OSLO: As speculation mounts ahead of Friday's Nobel Peace Prize announcement, observers suggest the committee may sound the alarm over the war in Ukraine or climate change.

The prize experts are split over who will get it.

One camp thinks that this year's award winner will be a critique of Russian President Vladimir Putin's invasion of Ukraine.

The urgent need to combat global warming is what is said by the other.
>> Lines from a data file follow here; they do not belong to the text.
-- ===== src/Application/ControlDeck/Atomic.antt =====
-- `submit_control` of backend/app/application/control_deck.py appends one event or writes nothing.
use organization_ai.Base.{
  ℕ, String, Option, none, some, List, [], ◌∷◌, ◌++◌, ◌≡◌, ◌⊎◌, inl, inr, refl, sym, Option-cases,
}
use organization_ai.Base.Result.{Result, ok, err, Result-cases}
use organization_ai.Domain.Control.Vocabulary.{PlannedControlEvent}
use organization_ai.Policy.Evaluator.{assert_present}
use organization_ai.Persistence.Rows.{DecisionRow, Database, StoredTrace}
use organization_ai.Persistence.Repository.{
  find_trace, find_trace_for_update, insert_rows, add_control_event,
}
use organization_ai.Persistence.Engine.{IntegrityError, Engine}
use organization_ai.Persistence.Engine.Keys.{IsConsistent}
use organization_ai.Application.Views.{TraceReadModel, ServiceError, to_trace_model, lift}
use organization_ai.Application.History.{Effects}
use organization_ai.Application.Fingerprint.{command_fingerprint}
use organization_ai.Application.ControlDeck.{
  ControlRequest, plan_on, control_event, after_control_flush, append_control, receipt_of,
  control_locked, submit_control,
}

abbrev pub fingerprint_of : (List ℕ → String) → ControlRequest → String
fingerprint_of sha256 rq =
    command_fingerprint sha256 rq.trace_id rq.command rq.reason rq.disposition

-- An event was planned on the stored trace of the request, and is the one row more than others left;
-- no constraint is violated, and the call shows the trace with the event.
pub record Appends (fx : Effects) (fingerprint : String) (rq : ControlRequest)
    (db others : Database) (r : Result ServiceError TraceReadModel × Database) : Type 0 where
  pub stored : StoredTrace
  pub decision : DecisionRow
  pub planned : PlannedControlEvent
  pub found : find_trace db rq.trace_id ≡ some stored
  pub has_decision : stored.decision ≡ some decision
  pub plans : plan_on rq stored decision ≡ ok planned
  pub inserted :
      r.1 ≡ insert_rows others (add_control_event (control_event fx rq fingerprint stored planned))
  pub kept :
      IsConsistent
        (insert_rows others (add_control_event (control_event fx rq fingerprint stored planned)))
  pub shown :
      r.0
      ≡ lift (
          to_trace_model stored
            (stored.events ++ control_event fx rq fingerprint stored planned ∷ []))

-- One event is appended, or the tables are as they were before the call or as others left them.
abbrev pub WritesOneEvent :
    Effects
    → String
    → ControlRequest
    → Database
    → Database
    → Result ServiceError TraceReadModel × Database
    → Type 0
WritesOneEvent fx fingerprint rq db others r =
    Appends fx fingerprint rq db others r ⊎ ((r.1 ≡ db) ⊎ (r.1 ≡ others))

assert_present-ok :
    (o : Option DecisionRow) {d : DecisionRow} → lift (assert_present o) ≡ ok d → o ≡ some d
unfolding assert_present
assert_present-ok none h = absurd (cc)
assert_present-ok (some d) h = cc

module _ (engine : Engine) (sha256 : List ℕ → String) (fx : Effects) (others : Database → Database)
    (rq : ControlRequest) (db : Database) where
  module _ (fingerprint : String) (stored : StoredTrace) (decision : DecisionRow)
      (found : find_trace db rq.trace_id ≡ some stored)
      (has_decision : stored.decision ≡ some decision) where
    after_control_flush-WritesOneEvent :
        (planned : PlannedControlEvent) (r : Result IntegrityError Database)
        → plan_on rq stored decision ≡ ok planned
        → engine.flush
            (others db)
            (add_control_event (control_event fx rq fingerprint stored planned))
          ≡ r
        → WritesOneEvent fx fingerprint rq db (others db) (
            after_control_flush rq fingerprint stored
              (control_event fx rq fingerprint stored planned)
              (others db)
              r)
    unfolding after_control_flush
    after_control_flush-WritesOneEvent planned (ok flushed) plans flushes =
        let event = control_event fx rq fingerprint stored planned in
        let (inserted, kept) = engine.flush_inserts (others db) (add_control_event event) flushes in
        elim (Result-cases (lift (to_trace_model stored (stored.events ++ event ∷ [])))) [
          | inl (view, shown) ↦ rw (shown) (
              inl (record {
                stored = stored;
                decision = decision;
                planned = planned;
                found = found;
                has_decision = has_decision;
                plans = plans;
                inserted = inserted;
                kept = kept;
                shown = sym shown;
              }))
          | inr (e, fails) ↦ rw (fails) (inr (inr refl))
        ]
    after_control_flush-WritesOneEvent planned (err e) plans flushes = inr (inr refl)

    append_control-WritesOneEvent :
        WritesOneEvent fx fingerprint rq db
          (others db)
          (append_control engine sha256 fx others rq fingerprint stored decision db)
    unfolding append_control
    append_control-WritesOneEvent = elim (Result-cases (plan_on rq stored decision)) [
      | inl (planned, plans) ↦
          rw (plans, append_control) (after_control_flush-WritesOneEvent planned _ plans refl)
      | inr (e, fails) ↦ rw (fails, append_control) (inr (inl refl))
    ]

  control_locked-WritesOneEvent :
      (fingerprint : String) (locked : Option StoredTrace)
      → find_trace db rq.trace_id ≡ locked
      → WritesOneEvent fx fingerprint rq db
          (others db)
          (control_locked engine sha256 fx others rq fingerprint locked db)
  unfolding control_locked
  control_locked-WritesOneEvent fingerprint none found = inr (inl refl)
  control_locked-WritesOneEvent fingerprint (some stored) found =
      elim (Result-cases (lift (assert_present stored.decision))) [
        | inr (e, fails) ↦ rw (fails, control_locked) (inr (inl refl))
        | inl (decision, present) ↦ elim (Option-cases (receipt_of engine sha256 fx others rq db)) [
          | inr (receipt, there) ↦ rw (present, control_locked, there) (inr (inl refl))
          | inl fresh ↦
              rw (present, control_locked, fresh)
                (append_control-WritesOneEvent fingerprint stored decision found
                  (assert_present-ok stored.decision present))
        ]
      ]

  -- Whatever the request and the tables, and whatever other transactions commit meanwhile: the call
  -- plans one event on the stored trace of the request, appends it without violating a constraint,
  -- and returns the trace with it; or it changes nothing.
  pub submit_control-WritesOneEvent :
      WritesOneEvent fx
        (fingerprint_of sha256 rq)
        rq
        db
        (others db)
        (submit_control engine sha256 fx others rq db)
  unfolding submit_control find_trace_for_update
  submit_control-WritesOneEvent =
      control_locked-WritesOneEvent (fingerprint_of sha256 rq) (find_trace db rq.trace_id) refl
With a total of 343 top secret nominations this year, the five members of the Norwegian Nobel CommitteeNobel Committee could surprise experts and go with a completely different pick.

Henrik Urdal, director of the Peace Research Institute Oslo PRIO, said the Belarusian opposition leader Svetlana Tikhanovskaya and the jailed Kremlin critic Alexei Navalny deserve to win the prestigious honor together.

He said that they are both champions of non-violent pro-democracy activities within their own country.

Both Navalny and Tikhanovskaya have been strong opponents of the war in Ukraine. Since World War II, there has been a conflict between two countries so close to Oslo, the home of the Peace Prize.

The committee could give the Nobel to those documenting suspected war crimes in Ukraine, such as the International Criminal Court ICC or the digital investigative group Bellingcat, to make a statement against Putin's war.